Me: Yeeeaaahhh….why?
2020: How’s your back?
Me: Damn it!
2020: *teehee*
Mother Paper Bag: We need to talk.
Teen Bag: *removes earbud* What?
M: Your father was plastic.
T: But –
M: It’s true. You’re a mixed bag.
Life’s too short for 1-ply friends. You need people who can handle your shit.
I never thought I’d be someone who complains about the quality of the prosciutto on his charcuterie board but here I am…
We have family pictures in 10 days. If everyone starts getting ready now we can still be late.
I hate my earbuds.
[humane society]
Me: Hi, I’d like one medium sized dog please.
Vet: That’s not—
Me: Oops, I’m sorry. One “grande” dog please.
If you’re a tire company you shouldn’t say you work tirelessly
Standing closer to me in line will not get you to the checkout faster.
Me: ‘Can I offer you something to drink?’
Waiter: ‘I’m sorry?’
Me: ‘I know, it’s weird right? Now you try.’
PORCUPINE LAWYER: I object, your Honor! He’s badgering the witness!

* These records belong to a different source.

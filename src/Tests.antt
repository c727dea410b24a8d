-- ===== src/Tests.antt =====
-- Concrete inputs on which the theorems are applied.
mod Caches
mod Loops
mod Texts
mod Leases
mod Pools
mod Users
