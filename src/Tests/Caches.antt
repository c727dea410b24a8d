-- ===== src/Tests/Caches.antt =====
-- plugin/query_cache.go, plugin/credential_cache.go and plugin/ratelimit.go on concrete inputs.
use openbao_teradata_secret.Common.{
  ℕ, ◌+◌, ◌≤◌, ◌≡◌, refl, true, [], ◌∷◌, Option, none, some, arith, length, ltb, ◌&&◌, not,
  if◌then◌else◌, ◌-◌,
}
use openbao_teradata_secret.Common.Bytes.{Bytes, codes, bytes_eq}
use openbao_teradata_secret.Common.Int.{pos}
use openbao_teradata_secret.Common.Map
use openbao_teradata_secret.Common.Map.{Map, lookup, insert, AllEntries}
use openbao_teradata_secret.CredentialCache
use openbao_teradata_secret.CredentialCache.{get_locked, get_expired, warm_cache}
use openbao_teradata_secret.CredentialCache.Eviction
use openbao_teradata_secret.CredentialCache.Eviction.{
  new_entry, set-keeps_live, set-grows, set-IsValid,
}
use openbao_teradata_secret.CredentialCache.Reads.{get-set, set-between_get}
use openbao_teradata_secret.Model.{Credential}
use openbao_teradata_secret.Outcome.{Outcome, ok}
use openbao_teradata_secret.QueryCache
use openbao_teradata_secret.QueryCache.{Entry, Cache, cleanup_expired}
use openbao_teradata_secret.QueryCache.Branches.{fresh_entry}
use openbao_teradata_secret.QueryCache.Coherence.{get-answer}
use openbao_teradata_secret.QueryCache.Eviction.{set_full-evicts}
use openbao_teradata_secret.QueryCache.History.{
  Call, set, exec, Ideal, note, Run, start, call, Run-IsValid,
}
use openbao_teradata_secret.QueryCache.Invariant.{IsValid}
use openbao_teradata_secret.RateLimit.{Bucket, Request, get_client_ip, Middleware, rate_limit}
use openbao_teradata_secret.RateLimit.Isolation.{bucket, is_limited, rate_limit_lem}

abbrev role_a : Bytes
role_a = codes "a"

abbrev role_b : Bytes
role_b = codes "b"

-- A cache for one entry, after two calls of `Set`.
abbrev first_call : Call ℕ
first_call = set role_a 7 1 1 1

abbrev second_call : Call ℕ
second_call = set role_b 8 2 2 2

abbrev empty_cache : Cache ℕ
empty_cache = QueryCache.new (pos 10) (pos 1)

abbrev one_entry : Cache ℕ
one_entry = exec first_call empty_cache

abbrev two_calls : Cache ℕ
two_calls = exec second_call one_entry

abbrev no_history : Ideal ℕ
no_history = λ j. none

abbrev history : Ideal ℕ
history = note one_entry.ttl second_call (note empty_cache.ttl first_call no_history)

two_calls-Run : Run (pos 10) (pos 1) two_calls history
unfolding QueryCache.new QueryCache.set exec
two_calls-Run =
    call second_call (omega arith, omega arith, refl)
      (call first_call (omega arith, omega arith, refl) start)

one_entry-Run : Run (pos 10) (pos 1) one_entry (note empty_cache.ttl first_call no_history)
one_entry-Run = call first_call (omega arith, omega arith, refl) start

get-answer_example : (expires : ℕ) × (history role_b ≡ some (8, expires)) × (5 ≤ expires)
unfolding QueryCache.get QueryCache.set QueryCache.new QueryCache.evict_lru exec lookup insert
    bytes_eq Map.delete
get-answer_example = get-answer (pos 10) (pos 1) two_calls history role_b 5 6 8 two_calls-Run refl

Run-IsValid_example : IsValid two_calls
Run-IsValid_example = Run-IsValid (pos 10) (pos 1) two_calls history two_calls-Run

set_full-evicts_example :
    (k : Bytes) × (x : Entry ℕ) × (lookup k one_entry.entries ≡ some x)
    × AllEntries (λ (e : Entry ℕ). x.access_time ≤ e.access_time) one_entry.entries
    × ((j : Bytes)
        → lookup j (QueryCache.set one_entry role_b 8 2 2 2).entries ≡ (
            if bytes_eq role_b j
            then some (fresh_entry one_entry role_b 8 2 2 2)
            else if bytes_eq k j
            then none
            else lookup j one_entry.entries))
unfolding QueryCache.set QueryCache.new exec lookup insert bytes_eq
set_full-evicts_example =
    set_full-evicts one_entry role_b 8 2 2 2
      (Run-IsValid (pos 10) (pos 1) one_entry _ one_entry-Run) refl (omega arith)

-- A credential cache for one entry, with the credential of a user of role b.
abbrev user : Bytes
user = codes "u"

abbrev other_user : Bytes
other_user = codes "v"

abbrev credential : Credential
credential = record {
  lease_id = codes "l";
  username = user;
  role_name = role_b;
  region = [];
  created_at = 1;
  expires_at = 9;
  last_renewed = 0;
}

abbrev no_credentials : CredentialCache.Cache
no_credentials = CredentialCache.new 10 1

abbrev one_credential : CredentialCache.Cache
one_credential = CredentialCache.set no_credentials user credential 1 1 1

no_credentials-IsValid : Eviction.IsValid no_credentials
unfolding CredentialCache.new
no_credentials-IsValid = record { distinct = tt; born = tt; aged = tt }

one_credential-IsValid : Eviction.IsValid one_credential
one_credential-IsValid =
    set-IsValid no_credentials user credential 1 1 1 (omega arith) (omega arith)
      no_credentials-IsValid

set-keeps_live_example :
    lookup user (CredentialCache.set one_credential other_user credential 5 5 5).entries ≡ (
      if bytes_eq other_user user
      then some (new_entry one_credential credential 5 5)
      else some (new_entry no_credentials credential 1 1))
unfolding CredentialCache.set CredentialCache.new lookup insert bytes_eq
set-keeps_live_example =
    set-keeps_live one_credential other_user credential 5 5 5 user
      (new_entry no_credentials credential 1 1) one_credential-IsValid refl (omega arith)

set-grows_example :
    length (CredentialCache.set one_credential other_user credential 5 5 5).entries
    ≡ length one_credential.entries + 1
unfolding CredentialCache.set CredentialCache.new lookup insert bytes_eq
set-grows_example =
    set-grows one_credential other_user credential 5 5 5 one_credential-IsValid refl
      (omega arith, tt)

get-set_example :
    (CredentialCache.get
      (CredentialCache.set one_credential other_user credential 5 5 5)
      other_user
      15).1
    ≡ some credential
unfolding CredentialCache.set CredentialCache.new lookup insert bytes_eq
get-set_example = get-set one_credential other_user credential 5 5 5 15 (omega arith)

set-between_get_example :
    (CredentialCache.get
      (get_expired
        (CredentialCache.set (get_locked one_credential user 20).0 user credential 20 20 20)
        user)
      user
      21).1
    ≡ none
unfolding get_locked CredentialCache.set CredentialCache.new lookup insert bytes_eq
set-between_get_example = set-between_get one_credential user credential 20 20 20 20 21 refl

abbrev load_credential : Bytes → Outcome Bytes (Option Credential)
load_credential username = ok (some credential)

-- A bucket of two tokens that is never refilled.
abbrev two_tokens : Bucket
two_tokens = record { Limiter = ℕ; new_limiter = 2; allow = λ now n. (n - 1, ltb 0 n) }

abbrev no_split : Bytes → Option Bytes
no_split addr = none

abbrev middleware : Middleware two_tokens
middleware = record { limiters = (codes "10.0.0.1", 0) ∷ []; enabled = true }

abbrev request : Request
request = record { path = codes "creds/a"; remote_addr = some (codes "10.0.0.1") }

rate_limit_lem_example :
    ((rate_limit two_tokens no_split middleware request 3).1 ≡ (
      if is_limited two_tokens middleware request
        && not
            (two_tokens.allow 3
              (bucket two_tokens middleware (get_client_ip no_split (some request)))).1
      then some (record { key = get_client_ip no_split (some request) })
      else none))
    × ((j : Bytes)
        → bucket two_tokens (rate_limit two_tokens no_split middleware request 3).0 j ≡ (
            if is_limited two_tokens middleware request
              && bytes_eq (get_client_ip no_split (some request)) j
            then (two_tokens.allow 3 (bucket two_tokens middleware j)).0
            else bucket two_tokens middleware j))
rate_limit_lem_example = rate_limit_lem two_tokens no_split middleware request 3
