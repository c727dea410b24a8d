-- ===== src/Tests/Leases.antt =====
-- plugin/path_extend_lease.go, plugin/query_cache.go and the checks of connection strings and session
-- variables on concrete inputs.
use openbao_teradata_secret.Common.{
  ℕ, ◌+◌, ◌-◌, ◌≤◌, ◌<◌, ◌*◌, ◌≡◌, refl, [], ◌∷◌, none, some, arith,
}
use openbao_teradata_secret.Common.Bytes.{Bytes, codes, bytes_eq, has_prefix, bytes_eq_iff}
use openbao_teradata_secret.Common.Int.{pos, pos_part}
use openbao_teradata_secret.Common.Map
use openbao_teradata_secret.Common.Map.{Map, lookup, insert}
use openbao_teradata_secret.Common.Map.Laws
use openbao_teradata_secret.CredentialCache
use openbao_teradata_secret.Credentials.{
  World, get_credential_by_lease_id, get_credential, find_lease, trim_prefix, store_credential,
}
use openbao_teradata_secret.Leases.{Times, Response, extend_lease, granted_ttl, wanted_ttl}
use openbao_teradata_secret.Leases.Extended.{
  IsExtended, renewed, extend_lease-IsExtended, extend_lease_bounds,
}
use openbao_teradata_secret.Loaded
use openbao_teradata_secret.Loaded.{
  Value, get_cached_role, get_cached_config, invalidate_role_cache, role_key, get_config,
}
use openbao_teradata_secret.Loaded.Reads.{get_cached_config-default}
use openbao_teradata_secret.Model.{Credential, Config, Role, second, is_expired}
use openbao_teradata_secret.Outcome.{Outcome, ok, err}
use openbao_teradata_secret.QueryCache
use openbao_teradata_secret.Retry.{Error, plain}
use openbao_teradata_secret.Roles.{get_role, migrate_role}
use openbao_teradata_secret.Storage.{Storage, IsReliable}

-- What the storage of the tests holds.
pub data Stored : Type 0 where
  of_credential : Credential → Stored
  of_stored_role : Role → Stored
  of_config : Config → Stored

abbrev unreadable : Error
unreadable = plain (codes "invalid JSON")

abbrev read_credential : Stored → Outcome Error Credential
read_credential (of_credential c) = ok c
read_credential (of_stored_role r) = err unreadable
read_credential (of_config c) = err unreadable

abbrev read_role : Stored → Outcome Error Role
read_role (of_credential c) = err unreadable
read_role (of_stored_role r) = ok r
read_role (of_config c) = err unreadable

abbrev read_config : Stored → Outcome Error Config
read_config (of_credential c) = err unreadable
read_config (of_stored_role r) = err unreadable
read_config (of_config c) = ok c

-- A storage in a map, with one credential listed.
abbrev pub memory : Storage
memory = record {
  State = Map Stored;
  Entry = Stored;
  get = λ k s. ok (lookup k s);
  put = λ k e s. (insert k e s, ok tt);
  delete = λ k s. (Map.delete k s, ok tt);
  list = λ k s. ok (codes "creds/u" ∷ []);
  encode_credential = λ c. ok (of_credential c);
  decode_credential = read_credential;
  encode_role = λ r. ok (of_stored_role r);
  decode_role = read_role;
  decode_config = read_config;
  decode_statement = λ e. err unreadable;
}

pub memory-IsReliable : IsReliable memory
memory-IsReliable = record {
  get-put = λ k e s s' h. ground (arith, Laws.lookup-insert_self k e s);
  get-put_ne = λ k j e s s' h d. ground (arith, Laws.lookup-insert k j e s, bytes_eq_iff k j);
  get-delete = λ k s s' h. ground (arith, Laws.lookup-delete k k s, bytes_eq_iff k k);
  get-delete_ne = λ k j s s' h d. ground (arith, Laws.lookup-delete k j s, bytes_eq_iff k j);
  decode-encode_credential = λ c e h. ground arith;
}

abbrev pub role : Role
role = record {
  name = codes "r";
  version = pos 4;
  username_prefix = [];
  username_suffix = [];
  default_ttl = pos 5;
  max_ttl = pos 10;
  statement_template = [];
  creation_statement = codes "GRANT r TO {{username}}";
  revocation_statement = [];
  rollback_statement = [];
  renewal_statement = [];
  default_database = [];
  perm_space = pos 0;
  spool_space = pos 0;
  max_credentials = pos 0;
  session_variables = none;
  password_policy = [];
}

abbrev pub config : Config
config = record {
  name = [];
  connection_string = codes "DSN=a";
  allowed_roles = [];
  session_variables = [];
  connection_string_template = [];
  server = [];
  port = pos 0;
  database = [];
  username = [];
  password = [];
  session_timeout = pos 0;
  query_timeout = pos 0;
  time_zone = [];
  character_set = [];
  max_result_rows = pos 0;
  max_retries = pos 0;
}

abbrev pub credential : Credential
credential = record {
  lease_id = codes "l";
  username = codes "u";
  role_name = codes "r";
  region = [];
  created_at = 1 * second;
  expires_at = 8 * second;
  last_renewed = 0;
}

abbrev pub state : Map Stored
state =
    (codes "roles/r", of_stored_role role)
    ∷ (codes "creds/u", of_credential credential)
    ∷ (codes "config", of_config config)
    ∷ []

abbrev pub world : World memory
world = record { store = state; cache = CredentialCache.new 10 10 }

-- A lease of a role whose maximum is ten seconds, extended six seconds after its creation.
abbrev times : Times
times = record {
  at_expiry = 7 * second;
  at_first_since = 7 * second;
  at_second_since = 7 * second;
  at_renewal = 7 * second;
  at_extension = 7 * second;
  at_cache = (7, 7, 7);
}

abbrev response : Response
response = record {
  credential = renewed memory credential (pos (4 * second)) times;
  ttl = pos (4 * second);
}

abbrev extended : World memory
extended = (extend_lease memory (codes "l") (pos 0) times world).0

extend_lease-IsExtended_example :
    (cred : Credential) × (username : Bytes) × (get_credential_by_lease_id memory
        (codes "l")
        world.store
      ≡ ok (some (cred, username)))
    × IsExtended memory (pos 0) times world extended response cred username
unfolding extend_lease get_credential_by_lease_id find_lease get_credential lookup bytes_eq
    trim_prefix has_prefix get_role migrate_role is_expired granted_ttl wanted_ttl store_credential
extend_lease-IsExtended_example =
    extend_lease-IsExtended memory (codes "l") (pos 0) times world extended response
      memory-IsReliable refl

extend_lease_bounds_example :
    (response.credential.expires_at
      ≤ credential.created_at + 10 * second + (times.at_extension - times.at_second_since))
    × (times.at_extension < response.credential.expires_at)
    × (response.credential.expires_at
        ≤ times.at_extension + pos_part (wanted_ttl (pos 0) role.default_ttl))
unfolding extend_lease get_credential_by_lease_id find_lease get_credential lookup bytes_eq
    trim_prefix has_prefix get_role migrate_role is_expired granted_ttl wanted_ttl store_credential
extend_lease_bounds_example =
    extend_lease_bounds memory (codes "l") (pos 0) times world extended response credential
      (codes "u") role 10 memory-IsReliable refl refl refl (omega arith) (omega arith) refl

abbrev clock : ℕ → Loaded.Times
clock t = record { get_expiry = t; get_touch = t; set_expiry = t; set_created = t; set_touch = t }

abbrev cache : QueryCache.Cache (Value ℕ)
cache = QueryCache.new (pos 10) (pos 10)

get_cached_config-default_example :
    (get_cached_config memory
      (codes "default")
      state
      (clock 9)
      (get_cached_config memory (codes "") state (clock 5) (some cache)).0).1
    ≡ ok (some config)
unfolding lookup QueryCache.new get_config bytes_eq
get_cached_config-default_example =
    get_cached_config-default memory state config (clock 5) (clock 9) cache refl refl (omega arith)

BADGER LAWYER: Your Honor, he’s being a prick!
SKUNK JUDGE: [slamming gavel] Odor! Odor in the court!
*driving to the store*Lemons, lemons
*inside the store* Lemons, Lemons
*comes homes*
wife:Did you get the apples?
*drives back to the store*
*wife offers me a sip of her water*
m: Am I gonna catch what you have?
w: No
m:
w:
m: Are you sur-
w: You’re not going to get my period!
girlfriend: I’m seeing someone behind your back
me: *believes in ghosts* is it my grandpa
7YO: Can you buy me a Ken so that Barbie can date him?
Me: Here just use this Captain America
4YO: (tearing into room) HE CAN’T DATE YOUR BARBIE HE’S BUSY GIVE HIM TO ME
you’re telling me this bread has monkey in it?
Her: Feed me!
Me: To what?
My son was brushing the crumbs off the front of his pants into the trash can at a restaurant and the waitress, thinking he was peeing, told him he needed to go do that in the bathroom.
Look lady, my kid only pees outside, not in the trash like the good lord intended.